Cette page a été validée par deux contributeurs.
623
MAUPRAT.

ensemble, dans un cabaret à Crevant ? J’ai donc voulu alors que ma déposition fut faite, même dût-elle nuire en partie à Bernard, afin d’avoir le droit de dire ce que je vous dis là, même quand cela ne servirait à rien. Mais comme, vous autres, vous ne donnez jamais le temps aux témoins de chercher à s’éclairer sur ce qu’ils ont à croire, je suis reparti tout de suite pour mes bois, où je vis à la manière des renards, me promettant de n’en pas sortir tant que je n’aurais pas découvert ce que ce moine fait dans le pays. Je me suis donc mis sur sa piste, et j’ai découvert ce qu’il est ; il est l’assassin d’Edmée de Mauprat, il s’appelle Antoine de Mauprat.

Cette révélation causa un grand mouvement dans la cour et dans l’auditoire. Tous les regards cherchèrent Jean de Mauprat, dont la figure ne parut point.

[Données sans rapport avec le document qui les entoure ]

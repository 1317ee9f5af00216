-- ===== src/Sync.antt =====
-- subsys/sync: the locks. Each runs on several processors at once, an atomic access to memory at a time.
pub mod Spinlock
pub mod Interleave
pub mod Rwlock
pub mod Mcslock
pub mod Mutex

— Quelles sont vos preuves ? dit le président. — Je vais vous les dire, répondit Patience. Sachant par la cabaretière de Crevant, à qui j’ai eu occasion de rendre service, que les deux trappistes déjeunaient chez elle de temps en temps, comme je vous l’ai dit, j’ai été me loger à une demi-lieue de là, dans un ermitage qu’on appelle le Trou aux Fades, et qui est au milieu des bois, abandonné au premier venu, logis et mobilier. C’est une caverne dans le rocher, avec une grosse pierre pour s’asseoir, et rien avec. Je vécus là deux jours de racines et d’un morceau de pain qu’on m’apportait, de temps en temps, du cabaret. Il n’est pas dans mes principes de demeurer dans un cabaret. Le troisième jour, le petit garçon de la cabaretière vint m’avertir que les deux moines allaient se mettre à table. J’y courus, et je me cachai dans un cellier qui touche au jardin. La porte de ce cellier est ombragée d’un pommier, sous lequel ces messieurs déjeunaient en plein air. M. Jean était sobre ; l’autre mangeait comme un carme et buvait comme un cordelier. J’entendis et je vis tout à mon aise. « Il est temps que cela finisse, disait Antoine, que je reconnus fort bien en le voyant boire, et en l’entendant jurer, je suis las du métier que vous me faites faire. Donnez-moi asile chez les carmes, ou je fais du bruit.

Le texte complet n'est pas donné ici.